A while back, the folks at a college I performed at took me to one of these places. The food was actually pretty good, but even the washroom was fixed to the gills with cloying, saccharine photos of kids with catcher's mitts, dogs licking kittens, and absurdly fat people scratching themselves.

This is all a little more visual input than I need right that minute.

So two nights later and two states over, another college took me to another unit of the same chain. Sure enough: wood and brass, baseball pennants, little hearts...

If you've seen the old TV series "The Prisoner," somewhere in the distance you could almost hear a bald guy with goggles murmuring, "begin program."

And then I used the washroom. To my horror, it was completely identical to the one 200 miles away. Dogs. Kids. Fat-scratch fever. Right down to the molecule.

Which means some highly paid consultant has actually focus-grouped, market-researched, and maximized the profit margin on my relieving experience.

It's more than just a bathroom -- it's a highly tested waste facility of FUN!

AIEEE!!!

Please, corporate America.
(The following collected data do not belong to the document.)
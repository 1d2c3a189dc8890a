-- ===== src/Supervisor/Output/Tail.antt =====
-- The tail of a service's output (src/drain.c): its last bytes, however it was read.
use ninit.Prelude.{
  ℕ, zero, suc, ◌+◌, ◌-◌, ◌≤◌, ◌≡◌, refl, ap, sym, ◌∙◌, List, [], ◌∷◌, ◌++◌, ltb, leb, length,
  length-append, length-drop, drop, if_keeps, arith,
}
use ninit.Supervisor.Output.{tail_cap, absorb_tail}

module _ {ℓ} {A : Type ℓ} where
  drop_same : (m n : ℕ) (xs : List A) → m ≡ n → drop m xs ≡ drop n xs
  drop_same m n xs e = ap (λ k. drop k xs) e

  drop_nil : (n : ℕ) → drop {A = A} n [] ≡ []
  drop_nil zero = refl
  drop_nil (suc n) = refl

  pub drop-append :
      (n : ℕ) (xs ys : List A) → drop n (xs ++ ys) ≡ drop n xs ++ drop (n - length xs) ys
  drop-append zero xs ys = ap (λ zs. xs ++ zs) (drop_same 0 (0 - length xs) ys (omega arith))
  drop-append (suc n) [] ys = drop_same (suc n) (suc n - 0) ys (omega arith)
  drop-append (suc n) (x ∷ xs) ys =
      drop-append n xs ys
      ∙ ap (λ zs. drop n xs ++ zs)
          (drop_same (n - length xs) (suc n - suc (length xs)) ys (omega arith))

  pub drop_all : (n : ℕ) (xs : List A) → length xs ≤ n → drop n xs ≡ []
  drop_all zero [] h = refl
  drop_all zero (x ∷ xs) h = absurd (omega arith)
  drop_all (suc n) [] h = refl
  drop_all (suc n) (x ∷ xs) h = drop_all n xs (omega arith)

  drop-drop : (a b c : ℕ) (xs : List A) → c ≡ b + a → drop a (drop b xs) ≡ drop c xs
  drop-drop a zero c xs e = drop_same a c xs (omega arith)
  drop-drop a (suc b) zero xs e = absurd (omega arith)
  drop-drop a (suc b) (suc c) [] e = drop_nil a
  drop-drop a (suc b) (suc c) (x ∷ xs) e = drop-drop a b c xs (omega arith)

  pub append_assoc : (xs ys zs : List A) → (xs ++ ys) ++ zs ≡ xs ++ (ys ++ zs)
  append_assoc [] ys zs = refl
  append_assoc (x ∷ xs) ys zs = ap (λ l. x ∷ l) (append_assoc xs ys zs)

  -- the last n elements
  abbrev pub last : ℕ → List A → List A
  last n xs = drop (length xs - n) xs

  -- what is kept of a part is enough for the whole
  last-append : (n : ℕ) (xs ys : List A) → last n (last n xs ++ ys) ≡ last n (xs ++ ys)
  last-append n xs ys =
      let k = length xs - n in
      let kept = length-drop k xs in
      let short = length-append (drop k xs) ys in
      let long = length-append xs ys in
      let m = length (drop k xs ++ ys) - n in
      let whole = length (xs ++ ys) - n in
      drop-append m (drop k xs) ys
      ∙ ap (λ zs. zs ++ drop (m - length (drop k xs)) ys) (drop-drop m k whole xs (omega arith))
      ∙ ap (λ zs. drop whole xs ++ zs)
          (drop_same (m - length (drop k xs)) (whole - length xs) ys (omega arith))
      ∙ sym (drop-append whole xs ys)

-- absorb_tail keeps the last TAIL_CAP bytes of what was kept and what is new.
pub absorb_tail-last :
    (tail buf : List ℕ)
    → length tail ≤ tail_cap
    → absorb_tail tail buf ≡ last tail_cap (tail ++ buf)
unfolding absorb_tail
absorb_tail-last tail buf h =
    let n = length (tail ++ buf) - tail_cap in
    let long = length-append tail buf in
    let parts = drop-append n tail buf in
    if_keeps (λ t. t ≡ last tail_cap (tail ++ buf)) (leb tail_cap (length buf)) _ _
      (λ e. sym (
        parts
        ∙ ap (λ zs. zs ++ drop (n - length tail) buf) (drop_all n tail (ground arith))
        ∙ drop_same (n - length tail) (length buf - tail_cap) buf (ground arith)))
      (λ e.
        if_keeps (λ t. t ≡ last tail_cap (tail ++ buf)) (ltb tail_cap (length tail + length buf)) _
          _
          (λ f. sym (
            parts
            ∙ ap (λ zs. zs ++ drop (n - length tail) buf)
                (drop_same n (length tail - (tail_cap - length buf)) tail (ground arith))
            ∙ ap (λ zs. drop (length tail - (tail_cap - length buf)) tail ++ zs)
                (drop_same (n - length tail) 0 buf (ground arith))))
          (λ f. sym (drop_same n 0 (tail ++ buf) (ground arith))))

-- The tail that is kept does not depend on how the output was cut into reads.
pub absorb_tail-append :
    (tail a b : List ℕ)
    → length tail ≤ tail_cap
    → absorb_tail (absorb_tail tail a) b ≡ absorb_tail tail (a ++ b)
absorb_tail-append tail a b h =
    let first = absorb_tail-last tail a h in
    let kept = length-drop (length (tail ++ a) - tail_cap) (tail ++ a) in
    let short : length (absorb_tail tail a) ≤ tail_cap =
      omega (arith, ap (λ (t : List ℕ). length t) first, kept) in
    absorb_tail-last (absorb_tail tail a) b short
    ∙ ap (λ t. last tail_cap (t ++ b)) first
    ∙ last-append tail_cap (tail ++ a) b
    ∙ ap (λ t. last tail_cap t) (append_assoc tail a b)
    ∙ sym (absorb_tail-last tail (a ++ b) h)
For the love of God.

Stop trying to please me twenty-four seven. Stop trying to optimize me. Not everyone is comfortable on the other side of your one-way glass.

Allow us just the tiniest respite, just one brief moment of contemplation, just a single room in the world where we can escape your never-ending influence.

In short: Let my people go.


Bob Harris is a radio commentator, political writer, and humorist who has spoken at almost 300 colleges nationwide.